REQUIRED ACTION:
Which lines of the entries contain the word "antt"? Please list them.

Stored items
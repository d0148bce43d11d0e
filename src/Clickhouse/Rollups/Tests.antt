-- ===== src/Clickhouse/Rollups/Tests.antt =====
-- The theorem on the views at two blocks of rows whose parts are merged.
use bangmod_monitor.Prelude.{ℕ, false, List, [], ◌∷◌, ◌≡◌, refl, Option, none, some}
use bangmod_monitor.Prelude.Int.{pos}
use bangmod_monitor.Prelude.Float.{Float32, Float64}
use bangmod_monitor.Clickhouse.{AgentMetricRow}
use bangmod_monitor.Clickhouse.Rollups.{
  Event, insert_metrics, merge_1m, run, created, rollup_metrics,
}

abbrev reading : ℕ → Float32 → AgentMetricRow
reading t cpu = record {
  timestamp = pos t;
  host_id = "h1";
  hostname = "web";
  region = "th";
  cpu_percent = cpu;
  cpu_cores = 4;
  mem_total = 100;
  mem_used = 50;
  mem_percent = 7;
}

abbrev history : List Event
history =
    insert_metrics (reading 125 1 ∷ reading 130 2 ∷ [])
    ∷ insert_metrics (reading 170 3 ∷ reading 190 4 ∷ [])
    ∷ merge_1m 0
    ∷ []

-- A stand-in for the average: the last value
abbrev last_value : List Float32 → Float64
last_value [] = 0
last_value (x ∷ []) = x
last_value (x ∷ y ∷ xs) = last_value (y ∷ xs)

minutes_seen :
    rollup_metrics last_value some false "h1" 10 (run history created)
    ≡ some (
        (record { timestamp = pos 180; cpu_percent = 4; mem_percent = 7 })
        ∷ (record { timestamp = pos 120; cpu_percent = 3; mem_percent = 7 })
        ∷ [])
unfolding rollup_metrics run created
minutes_seen = refl

-- The driver takes no Float64 into a float32.
abbrev refused : Float64 → Option Float32
refused x = none

no_answer : rollup_metrics last_value refused false "h1" 10 (run history created) ≡ none
unfolding rollup_metrics run created
no_answer = refl
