-- ===== src/Consumer/Batches.antt =====
-- The bound on a worker's batch, and what its failures lose.
use bangmod_monitor.Prelude.{
  ℕ, ◌<◌, true, false, ◌≡◌, refl, sym, ap, subst, ◌⊎◌, Option, none, some, List, [], ◌∷◌, ◌++◌, leb,
  arith, length, Bool-cases, inl, inr,
}
use bangmod_monitor.Prelude.Json.{Bytes}
use bangmod_monitor.Clickhouse.{Tables}
use bangmod_monitor.Mq.{AgentMetricMsg}
use bangmod_monitor.Consumer.{
  Flush, smooth, Flushed, flush, append_panics, Event, done, tick, fetch_error, message, Status,
  running, stopped, crashed, Worker, step, step_at, run, handle, take, after_flush, commit_at,
  stop_at, agent_batch,
}

module _ {M : Type 0} (unmarshal : Bytes → Option M) (full : ℕ)
    (write : Flush → List M → Tables → Flushed) where
  abbrev pub IsBounded : Worker M → Type 0
  IsBounded w = (w.status ≡ crashed) ⊎ (length w.batch < full)

  module _ (positive : 0 < full) where
    after_flush-IsBounded : (w : Worker M) (r : Flushed) → IsBounded (after_flush w r)
    after_flush-IsBounded w r = elim (Bool-cases r.panics) [
      | inl gone ↦ rw gone (inl refl)
      | inr fine ↦ rw fine (inr positive)
    ]

    commit_at-IsBounded :
        (st : Status) (value : Bytes) (w : Worker M)
        → IsBounded w
        → IsBounded (commit_at st value w)
    commit_at-IsBounded running value w b = b
    commit_at-IsBounded stopped value w b = b
    commit_at-IsBounded crashed value w b = b

    stop_at-IsBounded :
        (st : Status) (w : Worker M) → w.status ≡ st → IsBounded w → IsBounded (stop_at st w)
    stop_at-IsBounded running w e (inl c) = cc
    stop_at-IsBounded running w e (inr h) = inr h
    stop_at-IsBounded stopped w e b = b
    stop_at-IsBounded crashed w e b = b

    take-IsBounded :
        (value : Bytes) (f : Flush) (o : Option M) (w : Worker M)
        → IsBounded w
        → IsBounded (take unmarshal full write value f o w)
    take-IsBounded value f none w b = commit_at-IsBounded w.status value w b
    take-IsBounded value f (some m) w b =
        elim (Bool-cases (leb full (length (w.batch ++ m ∷ [])))) [
          | inl at_full ↦ rw at_full (
              commit_at-IsBounded (after_flush grown (write f grown.batch w.tables)).status value
                (after_flush grown (write f grown.batch w.tables))
                (after_flush-IsBounded grown (write f grown.batch w.tables)))
          | inr below ↦
              rw below (commit_at-IsBounded w.status value grown (inr (ground (arith, below))))
        ]
      where
        grown : Worker M
        grown = record w { batch = w.batch ++ m ∷ [] }

    handle-IsBounded :
        (e : Event) (w : Worker M)
        → length w.batch < full
        → IsBounded (handle unmarshal full write e w)
    handle-IsBounded (done f) w h =
        stop_at-IsBounded (after_flush w (write f w.batch w.tables)).status
          (after_flush w (write f w.batch w.tables)) refl
          (after_flush-IsBounded w (write f w.batch w.tables))
    handle-IsBounded (tick f) w h = after_flush-IsBounded w (write f w.batch w.tables)
    handle-IsBounded (fetch_error true) w h = inr h
    handle-IsBounded (fetch_error false) w h = inr h
    handle-IsBounded (message value f) w h = take-IsBounded value f (unmarshal value) w (inr h)

    step_at-IsBounded :
        (st : Status) (e : Event) (w : Worker M)
        → w.status ≡ st
        → IsBounded w
        → IsBounded (step_at unmarshal full write st e w)
    step_at-IsBounded running e w s (inl c) = cc
    step_at-IsBounded running e w s (inr h) = handle-IsBounded e w h
    step_at-IsBounded stopped e w s b = b
    step_at-IsBounded crashed e w s b = b

    -- Whatever is fetched and whatever fails, a worker that has not crashed holds fewer messages
    -- than a full batch, if it did at the start.
    pub run-IsBounded :
        (es : List Event) (w : Worker M) → IsBounded w → IsBounded (run unmarshal full write es w)
    unfolding run step
    run-IsBounded [] w b = b
    run-IsBounded (e ∷ es) w b =
        run-IsBounded es (step unmarshal full write e w) (step_at-IsBounded w.status e w refl b)

  -- Once the loop has returned nothing changes.
  run_stopped :
      (es : List Event) (w : Worker M) → w.status ≡ stopped → run unmarshal full write es w ≡ w
  unfolding run step
  run_stopped [] w h = refl
  run_stopped (e ∷ es) w h =
      subst (λ v. run unmarshal full write es v ≡ w)
        (sym (ap (λ st. step_at unmarshal full write st e w) h)) (run_stopped es w h)

  -- If the context is cancelled while the worker waits in a fetch, it returns without a flush: the
  -- messages of its batch never reach a table, whatever comes after.
  pub cancelled_fetch_drops :
      (es : List Event) (w : Worker M)
      → w.status ≡ running
      → ((run unmarshal full write (fetch_error true ∷ es) w).tables ≡ w.tables)
        × ((run unmarshal full write (fetch_error true ∷ es) w).status ≡ stopped)
  unfolding run step
  cancelled_fetch_drops es w h =
      subst
        (λ v.
          ((run unmarshal full write es v).tables ≡ w.tables)
          × ((run unmarshal full write es v).status ≡ stopped))
        (sym (ap (λ st. step_at unmarshal full write st (fetch_error true) w) h))
        (rw (run_stopped es (record w { status = stopped }) refl) (refl, refl))

-- An insert that cannot be prepared.
abbrev unprepared : Flush
unprepared = record smooth { agent_prepare_fails = true }

-- A message is committed to the broker before its rows are stored: if the batch cannot be prepared
-- at the next tick, a message that was alone in it is gone from it, stands in no table, and stays
-- committed.
committed_message_lost :
    (unmarshal : Bytes → Option AgentMetricMsg) (value : Bytes) (f : Flush) (m : AgentMetricMsg)
    (t : Tables) (committed : List Bytes)
    → unmarshal value ≡ some m
    → run unmarshal agent_batch flush
        (message value f ∷ tick unprepared ∷ [])
        (record { batch = []; tables = t; committed = committed; status = running })
      ≡ record { batch = []; tables = t; committed = committed ++ value ∷ []; status = running }
unfolding run step flush
committed_message_lost unmarshal value f m t committed u = rw u refl

-- A flush of a batch that is not empty, whose insert of the agents' rows is prepared, panics if
-- the insert of the disks' or of the networks' rows cannot be prepared.
unprepared_part_panics :
    (f : Flush) (m : AgentMetricMsg) (batch : List AgentMetricMsg) (t : Tables)
    → f.agent_prepare_fails ≡ false
    → (f.disk_prepare_fails ≡ true) ⊎ (f.net_prepare_fails ≡ true)
    → (flush f (m ∷ batch) t).panics ≡ true
unfolding flush
unprepared_part_panics f m batch t a p = elim (Bool-cases (append_panics f (m ∷ batch))) [
  | inl early ↦ rw (a, early) refl
  | inr late ↦ rw (a, late) (ground (arith, p))
]
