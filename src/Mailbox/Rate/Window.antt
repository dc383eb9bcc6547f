-- ===== src/Mailbox/Rate/Window.antt =====
-- js/mailbox/rate.mjs: how many puts a window allows.
use fount_p2p.Base.{
  ℕ, zero, suc, min, ◌+◌, ◌≤◌, ◌<◌, ◌≡◌, refl, ◌⊎◌, Option, none, some, List, [], ◌∷◌, Bool, true,
  false, arith, ltb, leb, if◌then◌else◌, inl, inr, length, All, Bool-cases, sym, ◌∙◌, ap, subst,
}
use fount_p2p.Base.JsMap.{size, get, put, IsMap, get-put_self, get-delete}
use fount_p2p.Core.HexIds.{Text, text_dec, is_event_id}
use fount_p2p.Mailbox.Rate.{
  Limits, Entry, Table, max_keys, expire_sweep_batch, resolve_mailbox_rate_limits,
  sweep_expired_entries, delete_oldest, evict_lru_if_needed, current, make_room, count_put,
  take_incoming_mailbox_put_slot, take_all, get-sweep,
}
use fount_p2p.Mailbox.Rate.Size.{get-touch}

-- While a window is open the entry survives the making of room.
get-make_room :
    (now : ℕ) (key : Text) (t : Table) (e : Entry)
    → get text_dec key t ≡ some e
    → now ≤ e.reset_at
    → get text_dec key (make_room now key t) ≡ some e
unfolding make_room evict_lru_if_needed
get-make_room now key t e h k = ground (arith, get-sweep expire_sweep_batch now key t e h k)

take_valid :
    (now : ℕ) (key : Text) (limits : Limits) (t : Table)
    → is_event_id key ≡ true
    → take_incoming_mailbox_put_slot now key limits t
      ≡ count_put
          (resolve_mailbox_rate_limits limits)
          key
          (current
            (resolve_mailbox_rate_limits limits)
            now
            (get text_dec key (make_room now key t)))
          (make_room now key t)
unfolding take_incoming_mailbox_put_slot
take_valid now key limits t valid = rw valid refl

current_open :
    (limits : Limits) (now : ℕ) (e : Entry) → now ≤ e.reset_at → current limits now (some e) ≡ e
current_open limits now e h = ground arith

-- What a count does: it allows and adds one, or refuses and keeps the entry.
abbrev IsCounted : Limits → Text → Entry → Bool × Table → Type 0
IsCounted limits key e r =
    ((r.0 ≡ true)
      × (e.count < limits.max_puts)
      × (get text_dec key r.1 ≡ some (record { count = suc e.count; reset_at = e.reset_at })))
    ⊎ ((r.0 ≡ false) × (limits.max_puts ≤ e.count) × (get text_dec key r.1 ≡ some e))

count_put-IsCounted :
    (limits : Limits) (key : Text) (e : Entry) (t : Table)
    → (limits.max_puts ≤ e.count → get text_dec key t ≡ some e)
    → IsCounted limits key e (count_put limits key e t)
unfolding count_put
count_put-IsCounted limits key e t h =
    let more : Entry = record { count = suc e.count; reset_at = e.reset_at } in
    elim (Bool-cases (leb limits.max_puts e.count)) [
      | inl full ↦ rw full (inr (refl, ground arith, get-touch key t ∙ h (ground arith)))
      | inr space ↦ rw space (
          inl (
            refl,
            ground arith,
            get-touch key (put text_dec key more t) ∙ get-put_self text_dec key more t,
          ))
    ]

-- One call in an open window.
take_open :
    (now : ℕ) (key : Text) (limits : Limits) (t : Table) (e : Entry)
    → is_event_id key ≡ true
    → get text_dec key t ≡ some e
    → now ≤ e.reset_at
    → IsCounted
        (resolve_mailbox_rate_limits limits)
        key
        e
        (take_incoming_mailbox_put_slot now key limits t)
take_open now key limits t e valid h k =
    let resolved = resolve_mailbox_rate_limits limits in
    let found = get-make_room now key t e h k in
    let same = ap (current resolved now) found ∙ current_open resolved now e k in
    subst (IsCounted resolved key e)
      (sym (
        take_valid now key limits t valid
        ∙ ap (λ d. count_put resolved key d (make_room now key t)) same))
      (count_put-IsCounted resolved key e (make_room now key t) (λ z. found))

take_all_open :
    (key : Text) (limits : Limits) (times : List ℕ) (t : Table) (e : Entry)
    → is_event_id key ≡ true
    → get text_dec key t ≡ some e
    → All (λ now. now ≤ e.reset_at) times
    → e.count ≤ (resolve_mailbox_rate_limits limits).max_puts
    → take_all key limits times t + e.count
      ≡ min (length times + e.count) (resolve_mailbox_rate_limits limits).max_puts
unfolding take_all
take_all_open key limits [] t e valid h times_in c = omega arith
take_all_open key limits (now ∷ times) t e valid h times_in c =
    let r = take_incoming_mailbox_put_slot now key limits t in
    elim (take_open now key limits t e valid h times_in.0) [
      | inl (allowed, space, found) ↦ ground (
        arith,
        take_all_open key limits times r.1 (record { count = suc e.count; reset_at = e.reset_at })
            valid found times_in.1 space,
      )
      | inr (refused, full, found) ↦
          ground (arith, take_all_open key limits times r.1 e valid found times_in.1 c)
    ]

get-sweep_none :
    (n now : ℕ) (key : Text) (t : Table)
    → get text_dec key t ≡ none
    → get text_dec key (sweep_expired_entries n now t) ≡ none
unfolding get sweep_expired_entries
get-sweep_none zero now key t h = h
get-sweep_none (suc n) now key [] h = h
get-sweep_none (suc n) now key ((j, d) ∷ t) h = ground (arith, get-sweep_none n now key t)

-- A new window starts: the key has no entry, or its window is over.
abbrev pub IsStale : ℕ → Option Entry → Type 0
IsStale now none = Unit
IsStale now (some e) = e.reset_at < now

IsStale-kept : (now : ℕ) (o p : Option Entry) → (o ≡ none) ⊎ (o ≡ p) → IsStale now p → IsStale now o
IsStale-kept now o p (inl e) h = subst (IsStale now) (sym e) tt
IsStale-kept now o p (inr e) h = subst (IsStale now) (sym e) h

sweep_kept :
    (n now : ℕ) (key : Text) (t : Table)
    → IsMap text_dec t
    → (get text_dec key (sweep_expired_entries n now t) ≡ none)
      ⊎ (get text_dec key (sweep_expired_entries n now t) ≡ get text_dec key t)
unfolding get sweep_expired_entries
sweep_kept zero now key t m = inr refl
sweep_kept (suc n) now key [] m = inr refl
sweep_kept (suc n) now key ((j, d) ∷ t) m = elim (text_dec j key) [
  | yes e ↦ elim (Bool-cases (ltb d.reset_at now)) [
    | inl old ↦
        inl
          (ground (arith, get-sweep_none n now key t (subst (λ k. get text_dec k t ≡ none) e m.0)))
    | inr young ↦ inr (ground arith)
  ]
  | no other ↦ ground (arith, sweep_kept n now key t m.1)
]

delete_oldest_kept :
    (key : Text) (t : Table)
    → (get text_dec key (delete_oldest t) ≡ none)
      ⊎ (get text_dec key (delete_oldest t) ≡ get text_dec key t)
delete_oldest_kept key [] = inr refl
delete_oldest_kept key ((k, d) ∷ t) = ground (arith, get-delete text_dec key k ((k, d) ∷ t))

evict_kept :
    (key : Text) (t : Table)
    → (get text_dec key (evict_lru_if_needed key t) ≡ none)
      ⊎ (get text_dec key (evict_lru_if_needed key t) ≡ get text_dec key t)
unfolding evict_lru_if_needed
evict_kept key t = ground (arith, delete_oldest_kept key t)

swept_kept :
    (now : ℕ) (key : Text) (t : Table)
    → IsMap text_dec t
    → let swept =
        if leb max_keys (size t) then sweep_expired_entries expire_sweep_batch now t else t in
      (get text_dec key swept ≡ none) ⊎ (get text_dec key swept ≡ get text_dec key t)
swept_kept now key t m = ground (arith, sweep_kept expire_sweep_batch now key t m)

make_room-IsStale :
    (now : ℕ) (key : Text) (t : Table)
    → IsMap text_dec t
    → IsStale now (get text_dec key t)
    → IsStale now (get text_dec key (make_room now key t))
unfolding make_room
make_room-IsStale now key t m h =
    let swept =
      if leb max_keys (size t) then sweep_expired_entries expire_sweep_batch now t else t in
    IsStale-kept now (get text_dec key (make_room now key t)) (get text_dec key swept)
      (evict_kept key swept)
      (IsStale-kept now (get text_dec key swept) (get text_dec key t) (swept_kept now key t m) h)

current_stale :
    (limits : Limits) (now : ℕ) (o : Option Entry)
    → IsStale now o
    → current limits now o ≡ record { count = 0; reset_at = now + limits.window_ms }
current_stale limits now none h = refl
current_stale limits now (some e) h = ground arith

-- The first call of a window.
take_stale :
    (now : ℕ) (key : Text) (limits : Limits) (t : Table)
    → is_event_id key ≡ true
    → IsMap text_dec t
    → IsStale now (get text_dec key t)
    → let resolved = resolve_mailbox_rate_limits limits in
      IsCounted resolved key
        (record { count = 0; reset_at = now + resolved.window_ms })
        (take_incoming_mailbox_put_slot now key limits t)
take_stale now key limits t valid m h =
    let resolved = resolve_mailbox_rate_limits limits in
    let e : Entry = record { count = 0; reset_at = now + resolved.window_ms } in
    let same =
      current_stale resolved now (get text_dec key (make_room now key t))
        (make_room-IsStale now key t m h) in
    subst (IsCounted resolved key e)
      (sym (
        take_valid now key limits t valid
        ∙ ap (λ d. count_put resolved key d (make_room now key t)) same))
      (count_put-IsCounted resolved key e (make_room now key t) (λ z. absurd (omega arith)))

-- Of the calls of one valid source, the first of which opens a window and the others of which fall
-- in it, just the first `max_puts` are allowed, as the limit is resolved: as many as there are
-- calls, or `max_puts` if that is less.
pub take_all_lem :
    (key : Text) (limits : Limits) (now : ℕ) (times : List ℕ) (t : Table)
    → is_event_id key ≡ true
    → IsMap text_dec t
    → IsStale now (get text_dec key t)
    → All (λ later. later ≤ now + (resolve_mailbox_rate_limits limits).window_ms) times
    → take_all key limits (now ∷ times) t
      ≡ min (length (now ∷ times)) (resolve_mailbox_rate_limits limits).max_puts
unfolding take_all
take_all_lem key limits now times t valid m h times_in =
    let resolved = resolve_mailbox_rate_limits limits in
    let r = take_incoming_mailbox_put_slot now key limits t in
    elim (take_stale now key limits t valid m h) [
      | inl (allowed, space, found) ↦ ground (
        arith,
        take_all_open key limits times r.1
            (record { count = 1; reset_at = now + resolved.window_ms }) valid found times_in space,
      )
      | inr (refused, full, found) ↦ absurd (omega arith)
    ]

SOLUTION FOR THIS EXERCISE:
filename src/Clickhouse/Rollups/Tests.antt
-- ===== src/Clickhouse/Rollups/Tests.antt =====
-- ===== src/Consumer/Batches.antt =====
filename src/Mailbox/Rate/Window.antt
-- ===== src/Mailbox/Rate/Window.antt =====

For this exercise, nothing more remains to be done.